The p-value is the lowest level of significance at which we can reject a null hypothesis. The probability of generating a test statistic would justify our rejection of a null hypothesis, assuming that the null hypothesis is indeed true.
When carrying out a statistical test with a fixed significance level (?) value, we merely compare the observed test statistic with some critical value. For example, we might “reject an \(H_0\) using a 5% test” or “reject an \(H_0\) at a 1% significance level.” The problem with this ‘classical’ approach is that it does not give us details about the strength of the evidence against the null hypothesis.
Determination of the p-value gives statisticians a more informative approach to hypothesis testing. The p-value is the lowest level at which we can reject an \(H_0\). This means that the strength of the evidence against an \(H_0\) increases as the p-value becomes smaller.
In one-tailed tests, the p-value is the probability below the calculated test statistic for left-tailed tests or above the test statistic for right-tailed tests. For two-tailed tests, we find the probability below the negative test statistic and add it to the probability above the positive test statistic. This combines both tails for the p-value calculation.
Example: p-value
\(\theta\) represents the probability of obtaining a head when a coin is tossed. Assume we tossed a coin 200 times, and the head came up in 85 out of the 200 trials. Test the following hypothesis at a 5% level of significance.
\(H_0:\ \theta = 0.5\)
\(H_1:\ \theta \lt 0.5\)
Solution
First, note that repeatedly tossing a coin follows a binomial distribution.
Our p-value will be given by \(P(X \lt 85)\), where \(X\) follows a binomial (200,0.5), assuming the \(H_0\) is true.
$$ \begin{align*}
&= P \Bigl \lceil Z \lt \frac {(85 – 100)}{\sqrt{50}} \Bigl \rceil \\
&= P\left(Z \lt -2.12\right)= 1 – 0.9834 = 0.01660
\end{align*} $$
(We have applied the Central Limit Theorem by taking the binomial distribution as approximately normal.)
Since the probability is less than 0.05, the H0 is extremely unlikely, and we have strong evidence against an \(H_0\) that favors \(H_1\). Therefore, clearly expressing this result, we could say:
“There is very strong evidence against the hypothesis that the coin is fair. We, therefore, conclude that the coin is biased against heads.”
Remember, failure to reject a \(H_0\) does not mean it is true.

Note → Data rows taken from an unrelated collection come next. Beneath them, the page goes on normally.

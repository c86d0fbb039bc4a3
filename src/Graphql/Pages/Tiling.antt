-- ===== src/Graphql/Pages/Tiling.antt =====
-- That the pages of packages/web/graphql-client/src/pagination.ts cover the rows of a server.
use predictor_common.Prelude.Text.{Text}
use predictor_common.Prelude.Digits.{decimal}
use predictor_common.Prelude.Int.{pos}
use mathlib.Core.Path.{ap₂}
use native.Mathlib.Nat.{suc-mul, div-add-mod', mod-lt}
use predictor_common.Prelude.{
  ℕ, zero, suc, ◌+◌, ◌*◌, ◌/◌, ◌≤◌, ◌<◌, ◌%◌, ◌≡◌, refl, sym, ap, ◌∙◌, ◌⊎◌, inl, inr, Option-cases,
  Option, none, some, List, [], ◌∷◌, ◌++◌, length, take, drop, arith,
}
use predictor_common.Graphql.Pages.{
  PaginationOptions, ItemsConnection, ItemsResponse, finite, page_count, after_offset,
  pagination_to_connection_cursor, prepend, transform_all, response_of, extract_connection_items,
}

-- A server whose cursors are offsets: an answer holds the rows after the cursor, as many as are asked
-- for or are left, and counts all rows.
pub record Serves {ℓ} {T : Type ℓ} (rows : List T) (server : ℕ → Option Text → ItemsConnection T)
    : Type ℓ where
  pub from_start : (first : ℕ) → (server first none).nodes ≡ take first rows
  pub from_cursor :
      (first offset : ℕ)
      → (server first (some (decimal offset))).nodes ≡ take first (drop offset rows)
  pub counts :
      (first : ℕ) (after : Option Text) → (server first after).total_count ≡ some (length rows)

abbrev pub then {ℓ} : {A : Type ℓ} → Option (List A) → Option (List A) → Option (List A)
then none b = none
then (some xs) none = none
then (some xs) (some ys) = some (xs ++ ys)

-- Each row transforms, to the row at its place.
pub data Images {ℓ κ} {T : Type ℓ} {R : Type κ} (transform : T → Option R)
    : List T → List R → Type (ℓ ⊔ κ) where
  done : Images transform [] []
  image :
      {x : T} {xs : List T} {y : R} {ys : List R}
      → transform x ≡ some y
      → Images transform xs ys
      → Images transform (x ∷ xs) (y ∷ ys)

-- The transform of some row rejects.
pub data SomeRejects {ℓ κ} {T : Type ℓ} {R : Type κ} (transform : T → Option R)
    : List T → Type (ℓ ⊔ κ) where
  at_once : {x : T} {xs : List T} → transform x ≡ none → SomeRejects transform (x ∷ xs)
  further : {x : T} {xs : List T} → SomeRejects transform xs → SomeRejects transform (x ∷ xs)

abbrev pub data_of {ℓ} : {A : Type ℓ} → Option (ItemsResponse A) → Option (List A)
data_of none = none
data_of (some response) = some response.items

module _ {ℓ κ} {T : Type ℓ} {R : Type κ} (server : ℕ → Option Text → ItemsConnection T)
    (transform : T → Option R) where
  -- One page, fetched and extracted.
  abbrev pub fetch_page : PaginationOptions → Option (ItemsResponse R)
  fetch_page p =
      let cursor = pagination_to_connection_cursor p in
      extract_connection_items (server cursor.first cursor.after) p transform

  -- The rows of so many pages, from the given one on.
  abbrev pub walk : ℕ → ℕ → ℕ → Option (List R)
  walk size page zero = some []
  walk size page (suc n) =
      then (data_of (fetch_page (record { page = page; page_size = size })))
        (walk size (suc page) n)

  prepend-then :
      (row : Option R) (xs ys : Option (List R))
      → prepend row (then xs ys) ≡ then (prepend row xs) ys
  prepend-then none xs ys = refl
  prepend-then (some row) none ys = refl
  prepend-then (some row) (some xs) none = refl
  prepend-then (some row) (some xs) (some ys) = refl

  then-start : (ys : Option (List R)) → ys ≡ then (some []) ys
  then-start none = refl
  then-start (some ys) = refl

  transform_all-append :
      (xs ys : List T)
      → transform_all transform (xs ++ ys)
        ≡ then (transform_all transform xs) (transform_all transform ys)
  unfolding transform_all
  transform_all-append [] ys = then-start (transform_all transform ys)
  transform_all-append (x ∷ xs) ys =
      ap (prepend (transform x)) (transform_all-append xs ys)
      ∙ prepend-then (transform x) (transform_all transform xs) (transform_all transform ys)

  transform_all-cases :
      (xs : List T)
      → ((ys : List R) × Images transform xs ys × (transform_all transform xs ≡ some ys))
        ⊎ (SomeRejects transform xs × (transform_all transform xs ≡ none))
  unfolding transform_all
  transform_all-cases [] = inl ([], done, refl)
  transform_all-cases (x ∷ xs) = elim (Option-cases (transform x)) [
    | inl rejects ↦ inr (at_once rejects, rw rejects refl)
    | inr (y, e) ↦ elim (transform_all-cases xs) [
      | inl (ys, each, es) ↦ inl (y ∷ ys, image e each, rw (e, es) refl)
      | inr (some_row, es) ↦ inr (further some_row, rw (e, es) refl)
    ]
  ]

  transform_all-take :
      (n : ℕ) (xs : List T) (ys : List R)
      → Images transform xs ys
      → transform_all transform (take n xs) ≡ some (take n ys)
  unfolding transform_all
  transform_all-take zero xs ys each = refl
  transform_all-take (suc n) [] [] done = refl
  transform_all-take (suc n) [] (y ∷ ys) each = elim each [ ]
  transform_all-take (suc n) (x ∷ xs) [] each = elim each [ ]
  transform_all-take (suc n) (x ∷ xs) (y ∷ ys) (image e each) =
      rw (e, transform_all-take n xs ys each) refl

  data-response_of :
      (connection : ItemsConnection T) (p : PaginationOptions) (o : Option (List R))
      → data_of (response_of connection p o) ≡ o
  data-response_of connection p none = refl
  data-response_of connection p (some rows) = refl

module _ {ℓ} {A : Type ℓ} where
  drop-by : (m n : ℕ) (xs : List A) → m ≡ n → drop m xs ≡ drop n xs
  drop-by m n xs e = ap (λ k. drop k xs) e

  take-by : (m n : ℕ) (xs : List A) → m ≡ n → take m xs ≡ take n xs
  take-by m n xs e = ap (λ k. take k xs) e

  drop-nil : (n : ℕ) → drop {A = A} n [] ≡ []
  drop-nil zero = refl
  drop-nil (suc n) = refl

  take-nil : (n : ℕ) → take {A = A} n [] ≡ []
  take-nil zero = refl
  take-nil (suc n) = refl

  drop-drop : (m n : ℕ) (xs : List A) → drop m (drop n xs) ≡ drop (n + m) xs
  drop-drop m zero xs = ap (λ k. drop k xs) (omega arith)
  drop-drop m (suc n) [] = drop-nil m ∙ sym (drop-nil (suc n + m))
  drop-drop m (suc n) (x ∷ xs) =
      drop-drop m n xs ∙ drop-by (suc (n + m)) (suc n + m) (x ∷ xs) (omega arith)

  take-add : (m n : ℕ) (xs : List A) → take (m + n) xs ≡ take m xs ++ take n (drop m xs)
  take-add zero n xs = ap (λ k. take k xs) (omega arith)
  take-add (suc m) n [] = take-nil (suc m + n) ∙ sym (take-nil n)
  take-add (suc m) n (x ∷ xs) =
      take-by (suc m + n) (suc (m + n)) (x ∷ xs) (omega arith) ∙ ap (λ ys. x ∷ ys) (take-add m n xs)

  take-all : (n : ℕ) (xs : List A) → length xs ≤ n → take n xs ≡ xs
  take-all n [] h = take-nil n
  take-all zero (x ∷ xs) h = elim h [ ]
  take-all (suc n) (x ∷ xs) h = ap (λ ys. x ∷ ys) (take-all n xs (omega (arith, h)))

module _ {ℓ κ} {T : Type ℓ} {R : Type κ} (rows : List T)
    (server : ℕ → Option Text → ItemsConnection T) (serves : Serves rows server)
    (transform : T → Option R) where
  nodes-after :
      (first offset : ℕ)
      → (server first (after_offset (pos offset))).nodes ≡ take first (drop offset rows)
  nodes-after first zero = serves.from_start first
  nodes-after first (suc offset) = serves.from_cursor first (suc offset)

  items-fetch_page :
      (size p : ℕ)
      → data_of (fetch_page server transform (record { page = suc p; page_size = size }))
        ≡ transform_all transform (take size (drop (p * size) rows))
  unfolding extract_connection_items pagination_to_connection_cursor
  items-fetch_page size p =
      data-response_of server transform (server size (after_offset (pos (p * size))))
        (record { page = suc p; page_size = size })
        (transform_all transform (server size (after_offset (pos (p * size)))).nodes)
      ∙ ap (transform_all transform) (nodes-after size (p * size))

  -- A page whose rows transform reports the count of the server's rows.
  reports-fetch_page :
      (size p : ℕ) (ys : List R)
      → transform_all transform (take size (drop (p * size) rows)) ≡ some ys
      → (response : ItemsResponse R) × (fetch_page server transform
            (record { page = suc p; page_size = size })
          ≡ some response)
        × (response.page_info.total_page_count ≡ page_count (some (length rows)) size)
  unfolding extract_connection_items pagination_to_connection_cursor
  reports-fetch_page size p ys e =
      let connection = server size (after_offset (pos (p * size))) in
      (
        record {
          items = ys;
          page_info = record {
            page = suc p;
            page_size = size;
            total_page_count = page_count connection.total_count size;
            has_previous = connection.page_info.has_previous_page;
            has_next = connection.page_info.has_next_page;
          };
          total_count = connection.total_count;
        },
        ap (response_of connection (record { page = suc p; page_size = size }))
            (ap (transform_all transform) (nodes-after size (p * size)) ∙ e),
        ap (λ total. page_count total size) (serves.counts size (after_offset (pos (p * size)))),
      )

  walk-take :
      (size n p : ℕ)
      → walk server transform size (suc p) n
        ≡ transform_all transform (take (n * size) (drop (p * size) rows))
  unfolding transform_all
  walk-take size zero p =
      ap (transform_all transform) (take-by 0 (0 * size) (drop (p * size) rows) (omega arith))
  walk-take size (suc n) p =
      let here = drop (p * size) rows in
      ap₂ then (items-fetch_page size p) (walk-take size n (suc p))
      ∙ ap
          (λ ys.
            then (transform_all transform (take size here))
              (transform_all transform (take (n * size) ys)))
          (drop-by (suc p * size) (p * size + size) rows (omega (arith, suc-mul p size))
            ∙ sym (drop-drop size (p * size) rows))
      ∙ sym (
          transform_all-append server transform (take size here) (take (n * size) (drop size here)))
      ∙ ap (transform_all transform) (
          sym (take-add size (n * size) here)
          ∙ take-by (size + n * size) (suc n * size) here (omega (arith, suc-mul n size)))

count-le : (n size : ℕ) → n ≤ (n + size) / suc size * suc size
count-le n size =
    let whole = div-add-mod' (n + size) (suc size) in
    let rest : (n + size) % suc size < suc size = mod-lt (n + size) (omega arith) in
    omega (arith, whole, rest)

count-lt : (n size : ℕ) → (n + size) / suc size * suc size < n + suc size
count-lt n size = omega (arith, div-add-mod' (n + size) (suc size))

module _ {ℓ κ} {T : Type ℓ} {R : Type κ} (rows : List T)
    (server : ℕ → Option Text → ItemsConnection T) (transform : T → Option R) (size : ℕ)
    (serves : Serves rows server) where
  abbrev count : ℕ
  count = (length rows + size) / suc size

  walk-count : walk server transform (suc size) 1 count ≡ transform_all transform rows
  walk-count =
      walk-take rows server serves transform (suc size) count 0
      ∙ ap (λ ys. transform_all transform (take (count * suc size) ys))
          (drop-by (0 * suc size) 0 rows (omega arith))
      ∙ ap (transform_all transform)
          (take-all (count * suc size) rows (count-le (length rows) size))

  first_page :
      (ys : List R)
      → Images transform rows ys
      → (response : ItemsResponse R) × (fetch_page server transform
            (record { page = 1; page_size = suc size })
          ≡ some response)
        × (response.page_info.total_page_count ≡ some (finite count))
  first_page ys each =
      reports-fetch_page rows server serves transform (suc size) 0 (take (suc size) ys) (
        ap (λ rest. transform_all transform (take (suc size) rest))
          (drop-by (0 * suc size) 0 rows (omega arith))
        ∙ transform_all-take server transform (suc size) rows ys each)

-- Over a server whose cursors are offsets, and a size of pages that is not zero: for the least number
-- of pages that holds all rows, either each row transforms, the response for page 1 reports that
-- number, and so many pages, fetched in turn from page 1 and put one behind the other, are the
-- transformed rows, each once and in the order of the server; or the transform of some row
-- rejects, and so does that walk.
pub walk-pages {ℓ κ} :
    {T : Type ℓ} {R : Type κ} (rows : List T) (server : ℕ → Option Text → ItemsConnection T)
    (transform : T → Option R) (size : ℕ)
    → Serves rows server
    → (count : ℕ) × (length rows ≤ count * suc size)
      × (count * suc size < length rows + suc size)
      × (((ys : List R) × (response : ItemsResponse R) × Images transform rows ys
            × (fetch_page server transform (record { page = 1; page_size = suc size })
                ≡ some response)
            × (response.page_info.total_page_count ≡ some (finite count))
            × (walk server transform (suc size) 1 count ≡ some ys))
          ⊎ (SomeRejects transform rows × (walk server transform (suc size) 1 count ≡ none)))
walk-pages rows server transform size serves = (
  count rows server transform size serves,
  count-le (length rows) size,
  count-lt (length rows) size,
  elim (transform_all-cases server transform rows) [
    | inl (ys, each, e) ↦
        let (response, fetched, reported) = first_page rows server transform size serves ys each in
        inl
          (ys, response, each, fetched, reported, walk-count rows server transform size serves ∙ e)
    | inr (rejects, e) ↦ inr (rejects, walk-count rows server transform size serves ∙ e)
  ],
)
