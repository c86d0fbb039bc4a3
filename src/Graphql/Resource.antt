-- ===== src/Graphql/Resource.antt =====
-- packages/web/graphql-client/src/react: `useResource` and `usePaginatedResource` over the state that
-- SWR gives them. A hook's result is the resource of its render and what its effect throws.
pub mod States
use predictor_common.Prelude.{
  ℕ, Bool, true, false, Option, none, some, List, [], ◌∷◌, if◌then◌else◌,
}
use predictor_common.Graphql.Pages.{
  Count, PageInfo, ItemsResponse, default_page_size, PaginationOptions,
}
use predictor_common.Graphql.Fetch.{Thrown, is_non_fatal}

pub data Resource {ℓ} (T : Type ℓ) : Type ℓ where
  loading not_found : Resource T
  failed : Thrown → Resource T
  ready : T → Resource T

pub data PaginatedResource {ℓ} (T : Type ℓ) : Type ℓ where
  page_loading : PaginatedResource T
  page_failed : Thrown → PaginatedResource T
  page_empty : PageInfo → Option ℕ → PaginatedResource T
  page_ready : List T → PageInfo → Option ℕ → PaginatedResource T

-- The parts of SWR's answer that the hook reads; a fetcher that found nothing leaves no data.
pub record SwrState {ℓ} (T : Type ℓ) : Type ℓ where
  pub swr_data : Option T
  pub is_loading : Bool
  pub swr_error : Option Thrown

pub record Rendered {ℓ} (T : Type ℓ) : Type ℓ where
  pub shown : Resource T
  pub boundary : Option Thrown

-- The key of the request, where `none` is no request.
abbrev pub swr_key {ℓ} : {K : Type ℓ} → Bool → K → Option K
swr_key skip key = if skip then none else some key

abbrev pub fatal_only : Option Thrown → Option Thrown
fatal_only none = none
fatal_only (some e) = if is_non_fatal e then none else some e

abbrev pub of_data {ℓ} : {T : Type ℓ} → Option T → Resource T
of_data none = not_found
of_data (some d) = ready d

abbrev pub when_loaded {ℓ} : {T : Type ℓ} → SwrState T → Resource T
when_loaded state = if state.is_loading then loading else of_data state.swr_data

abbrev pub resource_of {ℓ} : {T : Type ℓ} → SwrState T → Option Thrown → Resource T
resource_of state none = when_loaded state
resource_of state (some e) = if is_non_fatal e then failed e else when_loaded state

unfoldable pub use_resource {ℓ} : {T : Type ℓ} → SwrState T → Rendered T
use_resource state = record {
  shown = resource_of state state.swr_error;
  boundary = fatal_only state.swr_error;
}

abbrev pub no_page_info : PaginationOptions → PageInfo
no_page_info p = record {
  page = p.page;
  page_size = p.page_size;
  total_page_count = none;
  has_previous = false;
  has_next = false;
}

abbrev pub page_of {ℓ} : {T : Type ℓ} → ItemsResponse T → List T → PaginatedResource T
page_of response [] = page_empty response.page_info response.total_count
page_of response (row ∷ rows) = page_ready (row ∷ rows) response.page_info response.total_count

unfoldable pub paginated {ℓ} :
    {T : Type ℓ} → PaginationOptions → Resource (ItemsResponse T) → PaginatedResource T
paginated p loading = page_loading
paginated p (failed e) = page_failed e
paginated p not_found = page_empty (no_page_info p) none
paginated p (ready response) = page_of response response.items

abbrev pub or_number : Option ℕ → ℕ → ℕ
or_number none fallback = fallback
or_number (some n) fallback = n

-- The page's number and size with their defaults, and the hook over `useResource`.
unfoldable pub use_paginated_resource {ℓ} :
    {T : Type ℓ} → Option ℕ → Option ℕ → SwrState (ItemsResponse T) → PaginatedResource T
use_paginated_resource page page_size state =
    let p : PaginationOptions = record {
      page = or_number page 1;
      page_size = or_number page_size default_page_size;
    } in
    paginated p (use_resource state).shown
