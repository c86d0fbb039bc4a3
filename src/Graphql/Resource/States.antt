-- ===== src/Graphql/Resource/States.antt =====
-- What the hooks of packages/web/graphql-client/src/react show of what `fetchGraphql` came to.
use mathlib.Core.Path.{subst}
use predictor_common.Prelude.Text.{Text}
use predictor_common.Graphql.Fetch.Inherited.{SpreadsInherited}
use predictor_common.Prelude.{
  ℕ, zero, ◌<◌, ◌≡◌, refl, inl, inr, ◌⊎◌, true, false, Option, none, some, List, [], ◌∷◌, length,
  arith,
}
use predictor_common.Graphql.Pages.{PaginationOptions, ItemsResponse}
use predictor_common.Graphql.Fetch.{
  GraphqlRequest, Cause, Thrown, is_non_fatal, raw, HttpRequest, Fetched, Outcome, resolved,
  rejected, no_match_all, resolve_document, answer_to, fetch_graphql,
}
use predictor_common.Graphql.Fetch.Answers.{
  HasData, Fails, no_response, bad_status, without_data, Unread, Read, got, failed_with, threw,
  Settles, fetch_graphql-Settles,
}
use predictor_common.Graphql.Resource.{
  Resource, loading, not_found, failed, ready, PaginatedResource, page_loading, page_failed,
  page_empty, page_ready, SwrState, Rendered, fatal_only, resource_of, use_resource, paginated,
  page_of, use_paginated_resource,
}

-- The state that SWR gives once a fetch has settled: the data, or the error beside older data.
pub data Settled {D : Type 0} : Outcome D → SwrState D → Type 0 where
  with_value :
      (d : D)
      → Settled (resolved d) (record { swr_data = some d; is_loading = false; swr_error = none })
  with_error :
      (e : Thrown) (older : Option D)
      → Settled (rejected e) (record { swr_data = older; is_loading = false; swr_error = some e })

Fails-is_non_fatal :
    {D : Type 0} (url : Text) (fetched : Fetched D) (e : Thrown)
    → Fails url fetched e
    → is_non_fatal e ≡ true
Fails-is_non_fatal url _ _ (no_response cause) = refl
Fails-is_non_fatal url _ _ (bad_status r bad) = refl
Fails-is_non_fatal url _ _ (without_data r errors ok e) = refl

-- The answer to a request, with what the hook renders of it.
abbrev pub Shows : {D : Type 0} → Text → Fetched D → Rendered D → Type 0
Shows {D = D} url fetched rendered =
    ((d : D) × HasData fetched d × (rendered.shown ≡ ready d) × (rendered.boundary ≡ none))
    ⊎ (((e : Thrown) × Fails url fetched e
          × (rendered.shown ≡ failed e)
          × (rendered.boundary ≡ none))
        ⊎ ((cause : Cause) × Unread fetched × (rendered.boundary ≡ some (raw cause))))

failed_state :
    {D : Type 0} (e : Thrown) (older : Option D)
    → is_non_fatal e ≡ true
    → (resource_of (record { swr_data = older; is_loading = false; swr_error = some e }) (some e)
        ≡ failed e)
      × (fatal_only (some e) ≡ none)
failed_state e older non_fatal = (rw (non_fatal) refl, rw (non_fatal) refl)

Read-Shows :
    {D : Type 0} (url : Text) (fetched : Fetched D) (outcome : Outcome D) (state : SwrState D)
    → Read url fetched outcome
    → Settled outcome state
    → Shows url fetched (use_resource state)
unfolding use_resource
Read-Shows url fetched _ _ (got d has) (with_value _) = inl (d, has, refl, refl)
Read-Shows url fetched _ _ (failed_with e fails) (with_error _ older) =
    let (shown, boundary) = failed_state e older (Fails-is_non_fatal url fetched e fails) in
    inr (inl (e, fails, shown, boundary))
Read-Shows url fetched _ _ (threw cause unread) (with_error _ older) =
    inr (inr (cause, unread, refl))

module _ {V D : Type 0} (no_variables : V) (stringify : Text → V → Cause ⊎ Text)
    (fetch : HttpRequest → Fetched D) where
  -- What the hook renders of a request in this state.
  abbrev pub Renders : GraphqlRequest V → SwrState D → Type 0
  Renders request state =
      (SpreadsInherited request.query request.fragments
        × ((use_resource state).boundary ≡ some (raw no_match_all)))
      ⊎ ((SpreadsInherited request.query request.fragments → ⊥)
          × (document : Text) × (resolve_document request.query request.fragments
              ≡ some (inr document))
          × Shows request.url (answer_to no_variables stringify fetch request document)
              (use_resource state))

  Settles-Renders :
      (request : GraphqlRequest V) (outcome : Outcome D) (state : SwrState D)
      → Settles no_variables stringify fetch request outcome
      → Settled outcome state
      → Renders request state
  unfolding use_resource
  Settles-Renders request outcome state (inl (spreads, is)) settled =
      inl (spreads, thrown state (subst (λ x. Settled x state) is settled))
    where
      thrown :
          (state : SwrState D)
          → Settled (rejected (raw no_match_all)) state
          → (use_resource state).boundary ≡ some (raw no_match_all)
      thrown _ (with_error _ older) = refl
  Settles-Renders request outcome state (inr (plain, document, e, reads)) settled =
      inr (plain, document, e, Read-Shows _ _ outcome state reads settled)

-- For every request `fetchGraphql` settles, and of the state that SWR then gives, `useResource` renders
-- this. Where the fragments are a plain record, and the query or a definition that it reaches spreads a
-- name that is no entry of the record but that every record inherits, it throws a TypeError to
-- the error boundary. Otherwise the fragments assemble to a document, and the hook shows the data if
-- the server answered it with an ok status and data; the error, with nothing for the error
-- boundary, if there was no response, a bad status or no data; and it throws to the error boundary if an
-- ok response was no JSON or `null`.
pub use_resource-fetch_graphql :
    {V D : Type 0} (no_variables : V) (stringify : Text → V → Cause ⊎ Text)
    (fetch : HttpRequest → Fetched D) (request : GraphqlRequest V)
    → (outcome : Outcome D) × (fetch_graphql no_variables stringify fetch request ≡ some outcome)
      × ((state : SwrState D)
          → Settled outcome state
          → Renders no_variables stringify fetch request state)
use_resource-fetch_graphql no_variables stringify fetch request =
    let (outcome, settles, is) = fetch_graphql-Settles no_variables stringify fetch request in
    (
      outcome,
      settles,
      λ state settled.
          Settles-Renders no_variables stringify fetch request outcome state is settled,
    )

-- A page that is ready has rows.
abbrev pub HasRows : {T : Type 0} → PaginatedResource T → Type 0
HasRows (page_ready rows info total) = zero < length rows
HasRows page_loading = Unit
HasRows (page_failed e) = Unit
HasRows (page_empty info total) = Unit

page_of-HasRows :
    {T : Type 0} (response : ItemsResponse T) (items : List T) → HasRows (page_of response items)
page_of-HasRows response [] = tt
page_of-HasRows response (row ∷ rows) = omega arith

paginated-HasRows :
    {T : Type 0} (p : PaginationOptions) (resource : Resource (ItemsResponse T))
    → HasRows (paginated p resource)
unfolding paginated
paginated-HasRows p loading = tt
paginated-HasRows p not_found = tt
paginated-HasRows p (failed e) = tt
paginated-HasRows p (ready response) = page_of-HasRows response response.items

pub use_paginated_resource-HasRows :
    {T : Type 0} (page page_size : Option ℕ) (state : SwrState (ItemsResponse T))
    → HasRows (use_paginated_resource page page_size state)
unfolding use_paginated_resource
use_paginated_resource-HasRows page page_size state = paginated-HasRows _ (use_resource state).shown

It means there is insufficient evidence to justify the rejection of the \(H_0\) given a certain level of significance.
Question
A CFA candidate conducts a statistical test about the mean value of a random variable \(X\).
\(H_0: \mu = \mu_0 \text{ vs } H_1: \mu \neq \mu_0\)
She obtains a test statistic of 2.2. Given a 5% significance level, determine the p-value.
- 1.39%.
- 2.78.
- 2.78%.
Solution
The correct answer is C.
$$ \text P-\text{value}= P(Z \gt 2.2) = 1 – P(Z \lt 2.2) = 1.39\% \times 2 = 2.78\% $$
(We have multiplied by two since this is a two-tailed test.)
Interpretation: The p-value (2.78%) is less than the significance level (5%). Therefore, we have sufficient evidence to reject the \(H_0\). In fact, the evidence is so strong that we would also reject the \(H_0\) at significance levels of 4% and 3%. However, at significance levels of 2% or 1%, we would not reject the H0 since the p-value surpasses these values.